Dans la boîte, trois cailloux, un bleu, un blanc, un rouge. Trois feuilles blanches.
Marie en prend une et lit les mots rouges.
Si j'étais rouge, je serais le Petit Chaperon.
Si j'étais rouge, je serais le sang neuf qui circule dans tes veines.
Si j'étais rouge, je serais la révolution permanente.
Si j'étais rouge, je serais ce coquelicot porté en signe de deuil, en hommage aux britanniques victimes des guerres.
Si j'étais rouge, je serais les cerises du chant « Le temps des …
Si j'étais rouge, je serais la coccinelle, amie des jardins.
Si j'étais rouge, je serais le rouge à lèvres des baisers.
Si j'étais rouge, je serais le rideau d'un théâtre.
Si j'étais rouge, je ne serais jamais la colère, qui est mauvaise conseillère ;
Si j'étais rouge, je ne serais jamais le rouge de la honte, qui détruit.
Sur la feuille où sont écrits des mots bleus, elle lit :
Bleus comme tes yeux.
Bleus comme le ciel d'une peinture italienne.

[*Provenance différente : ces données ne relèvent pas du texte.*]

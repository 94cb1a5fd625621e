-- ===== src/CmHttpDownload/Chunks.antt =====
-- An answer in parts is put together.
use jklibs.Common.{
  ℕ, zero, suc, ◌≤◌, ◌<◌, ◌^◌, ◌≡◌, refl, sym, ap, ◌∙◌, true, false, List, [], ◌∷◌, ◌++◌, some,
  arith, ltb, ◌==◌, length, length-append, append_assoc, append-nil,
}
use jklibs.Common.Int.{pos}
use jklibs.Common.Outcome.{done}
use jklibs.Common.Text.{append-NoNul, append-Lacks, Lacks, NoNul}
use jklibs.CmHttpDownload.Lines.{until_nul-text, behind_line, read_line-text}
use jklibs.CmHttpDownload.Rounds.{content, rounds-Reads, with_input}
use jklibs.CmHttpDownload.{Http}
use jklibs.CmHttpDownload.Header.{read_line, text_in}
use jklibs.CmHttpDownload.Receive.{
  read_full, read_rounds, read_data, read_two, strtol16, long_int, recv_parts,
  recv_chunked_response,
}

-- A part of an answer: the line with its length, without the line end, and its bytes.
pub record Part : Type 0 where
  pub size_line : List ℕ
  pub bytes : List ℕ

-- The line is one that fgets reads whole, and gives the number of the bytes, which is one of int.
pub record Announces (p : Part) : Type 0 where
  pub one_line : Lacks 10 p.size_line
  pub no_nul : NoNul p.size_line
  pub short : length p.size_line < 8190
  pub small : length p.bytes < 2 ^ 31
  pub value : strtol16 (p.size_line ++ (13 ∷ (10 ∷ []))) ≡ pos (length p.bytes)

-- A part as it is sent, with `rest` behind it.
abbrev pub part_text : Part → List ℕ → List ℕ
part_text p rest = p.size_line ++ (13 ∷ (10 ∷ (p.bytes ++ (13 ∷ (10 ∷ rest)))))

read_line-size :
    (info : Http) (p : Part) (rest : List ℕ)
    → Announces p
    → (read_line (record info { input = p.size_line ++ (13 ∷ (10 ∷ rest)) })).0
      ≡ behind_line info (p.size_line ++ (13 ∷ (10 ∷ []))) rest
read_line-size info p rest a =
    let line = p.size_line ++ (13 ∷ []) in
    let text : p.size_line ++ (13 ∷ (10 ∷ rest)) ≡ line ++ (10 ∷ rest) =
      sym (append_assoc p.size_line (13 ∷ []) (10 ∷ rest)) in
    let whole : line ++ (10 ∷ []) ≡ p.size_line ++ (13 ∷ (10 ∷ [])) =
      append_assoc p.size_line (13 ∷ []) (10 ∷ []) in
    let short = a.short in
    let reads =
      read_line-text info line rest
        (append-Lacks 10 p.size_line (13 ∷ []) a.one_line (omega arith, tt))
        (omega (arith, length-append p.size_line (13 ∷ []))) in
    ap (λ l. (read_line (record info { input = l })).0) text
    ∙ (ap (λ r. r.0) reads ∙ ap (λ l. behind_line info l rest) whole)

read_two-input :
    (info : Http) (rest : List ℕ)
    → info.input ≡ 13 ∷ (10 ∷ rest)
    → (next : Http) × (read_two info ≡ done next) × (next.saved ≡ info.saved) × (next.input ≡ rest)
read_two-input info rest e =
    let two : ltb (suc (suc (length rest))) 2 ≡ false = ground arith in
    (
      read_full (record info { input = 13 ∷ (10 ∷ rest) }) 2,
      ap read_two (with_input info _ e) ∙ rw two refl,
      refl,
      refl,
    )

text_in-size :
    (info : Http) (p : Part) (rest : List ℕ)
    → Announces p
    → strtol16 (text_in (behind_line info (p.size_line ++ (13 ∷ (10 ∷ []))) rest))
      ≡ pos (length p.bytes)
text_in-size info p rest a =
    let nn = append-NoNul p.size_line (13 ∷ (10 ∷ [])) a.no_nul (omega arith, (omega arith, tt)) in
    ap strtol16 (until_nul-text (p.size_line ++ (13 ∷ (10 ∷ []))) _ nn) ∙ a.value

long_int-pos : (n : ℕ) → n < 2 ^ 31 → long_int (pos n) ≡ pos n
long_int-pos n h = ground arith

-- A part that is not the last is saved, and the loop goes on.
recv_parts-part :
    (n : ℕ) (info : Http) (p : Part) (rest : List ℕ)
    → Announces p
    → 1 ≤ length p.bytes
    → (next : Http) × (recv_parts (suc n) true (record info { input = part_text p rest })
        ≡ recv_parts n true next)
      × (next.saved ≡ some (content info.saved ++ p.bytes))
      × (next.input ≡ rest)
unfolding recv_parts read_data
recv_parts-part n info p rest a full =
    let line = p.size_line ++ (13 ∷ (10 ∷ [])) in
    let behind = behind_line info line (p.bytes ++ (13 ∷ (10 ∷ rest))) in
    let (after, reads, saved, input) =
      rounds-Reads (length p.bytes) behind p.bytes (13 ∷ (10 ∷ rest)) full (omega arith) in
    let (next, two, kept, left) = read_two-input after rest input in
    let more : (length p.bytes == 0) ≡ false = ground arith in
    (
      next,
      rw
          (
            read_line-size info p (p.bytes ++ (13 ∷ (10 ∷ rest))) a,
            text_in-size info p (p.bytes ++ (13 ∷ (10 ∷ rest))) a,
            long_int-pos (length p.bytes) a.small,
            reads,
            two,
            more,
          )
          refl,
      kept ∙ saved,
      left,
    )

-- A part without bytes is the last.
recv_parts-last :
    (n : ℕ) (info : Http) (p : Part) (rest : List ℕ)
    → Announces p
    → p.bytes ≡ []
    → (next : Http) × (recv_parts (suc n) true (record info { input = part_text p rest })
        ≡ done next)
      × (next.saved ≡ info.saved)
      × (next.input ≡ rest)
unfolding recv_parts read_data read_rounds
recv_parts-last n info p rest a none_left =
    let line = p.size_line ++ (13 ∷ (10 ∷ [])) in
    let (next, two, kept, left) =
      read_two-input (behind_line info line (13 ∷ (10 ∷ rest))) rest refl in
    (
      next,
      rw
          (
            read_line-size info p (p.bytes ++ (13 ∷ (10 ∷ rest))) a,
            text_in-size info p (p.bytes ++ (13 ∷ (10 ∷ rest))) a,
            none_left,
            two,
          )
          refl,
      kept,
      left,
    )

-- The parts before the last, each with a byte at least.
abbrev pub AllAnnounce : List Part → Type 0
AllAnnounce [] = Unit {0}
AllAnnounce (p ∷ ps) = (Announces p × (1 ≤ length p.bytes)) × AllAnnounce ps

abbrev pub parts_text : List Part → List ℕ → List ℕ
parts_text [] rest = rest
parts_text (p ∷ ps) rest = part_text p (parts_text ps rest)

abbrev pub contents : List Part → List ℕ
contents [] = []
contents (p ∷ ps) = p.bytes ++ contents ps

recv_parts-all :
    (n : ℕ) (info : Http) (ps : List Part) (last : Part) (rest : List ℕ)
    → AllAnnounce ps
    → Announces last
    → last.bytes ≡ []
    → length ps < n
    → (after : Http) × (recv_parts n true
          (record info { input = parts_text ps (part_text last rest) })
        ≡ done after)
      × (content after.saved ≡ content info.saved ++ contents ps)
      × (after.input ≡ rest)
recv_parts-all zero info ps last rest all a none_left enough = absurd (omega arith)
recv_parts-all (suc n) info [] last rest all a none_left enough =
    let (next, ends, saved, left) = recv_parts-last n info last rest a none_left in
    (next, ends, ap content saved ∙ sym (append-nil (content info.saved)), left)
recv_parts-all (suc n) info (p ∷ ps) last rest all a none_left enough =
    let behind = parts_text ps (part_text last rest) in
    let (next, goes, saved, left) = recv_parts-part n info p behind (all.0.0) (all.0.1) in
    let (after, ends, more, end) =
      recv_parts-all n next ps last rest (all.1) a none_left (omega arith) in
    (
      after,
      goes ∙ (ap (recv_parts n true) (with_input next behind left) ∙ ends),
      more
          ∙ (ap (λ o. content o ++ contents ps) saved
              ∙ append_assoc (content info.saved) p.bytes (contents ps)),
      end,
    )

length-parts : (ps : List Part) (rest : List ℕ) → length ps ≤ length (parts_text ps rest)
length-parts [] rest = omega arith
length-parts (p ∷ ps) rest = omega (
  arith,
  length-parts ps rest,
  length-append p.size_line (13 ∷ (10 ∷ (p.bytes ++ (13 ∷ (10 ∷ parts_text ps rest))))),
  length-append p.bytes (13 ∷ (10 ∷ parts_text ps rest)),
)

-- An answer in parts of less than 2^31 bytes, each behind a line of less than 8190 bytes from
-- which strtol reads its length in base 16, ended by a part without bytes, is received whole: the
-- parts are saved in their order, and what follows them is left; the file can be opened.
pub recv_chunked-parts :
    (info : Http) (ps : List Part) (last : Part) (rest : List ℕ)
    → AllAnnounce ps
    → Announces last
    → last.bytes ≡ []
    → info.input ≡ parts_text ps (part_text last rest)
    → (after : Http) × (recv_chunked_response true info ≡ done after)
      × (content after.saved ≡ content info.saved ++ contents ps)
      × (after.input ≡ rest)
unfolding recv_chunked_response
recv_chunked-parts info ps last rest all a none_left text =
    let enough = length-parts ps (part_text last rest) in
    let (after, ends, saved, left) =
      recv_parts-all (suc (length info.input)) info ps last rest all a none_left
        (omega (arith, ap length text)) in
    (
      after,
      ap (recv_parts (suc (length info.input)) true) (with_input info _ text) ∙ ends,
      saved,
      left,
    )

Bleu comme l'Océan Atlantique.
Bleu comme une orange.
Bleu comme les rêves.
Bleu comme le Lotus.
Bleu comme le Beau Danube.
Bleu comme le Grand Bleu
Bleu comme le fromage.
Bleu comme les Touaregs.
Bleu comme les myosotis.
Bleu comme un champ de lavande.
Bleu comme un cordon-bleu.
Bleu comme le divan.
Bleu comme les mains des ouvrières cousant la toile denim.
Bleu comme ce froid dont jamais aucun humain ne devrait être victime.
Bleu comme le bleuet, chassé par les désherbants sélectifs.
Mais oublions ces inepties de sang bleu.
Mettons de côté les bleus à l'âme et de la chair. Que plus aucune femme ne tombe dans les filets suaves d'un Barbe-Bleue.
La feuille blanche est vierge de toute inscription. Marie prend le stylo laissé sur le banc. Ecrit ces mots :
Je ne suis ni blanche, ni noire.
Je suis une petite fille, parmi les petites filles.
Je suis l'amie d'Emmanuelle, hémiplégique.
Je suis l'amie de Léa, autiste.
Je suis l'amie de Rebecca, violée.
Je suis l'amie de Fatia, en burka.
Je suis l'amie de Samira, excisée.
Je suis l'amie d'Indira, brûlée à l'acide.
Je suis l'amie de Sonia, prostituée sur un trottoir d'Europe de l'Ouest.
Je suis l'amie de Natalia, derrière les barreaux d'un centre de rétention.
Je suis l'amie d'Alliya l'égyptienne.
Je suis l'amie de Siham, lapidée.
Je suis l'amie de toutes ces petites filles, vendues, mariées de force, obligées de travailler…
Nous, petites filles, iront de par le monde, dire que nous voulons grandir dans une société de justice et d'égalité, sans tortures ni esclavages, où les femmes seront respectées, dignes et reconnues.
Marie prend les trois cailloux. Sur la place, une marelle. Elle y lance ses cailloux.
Saute à cloche-pied, à pieds joints. Recommence.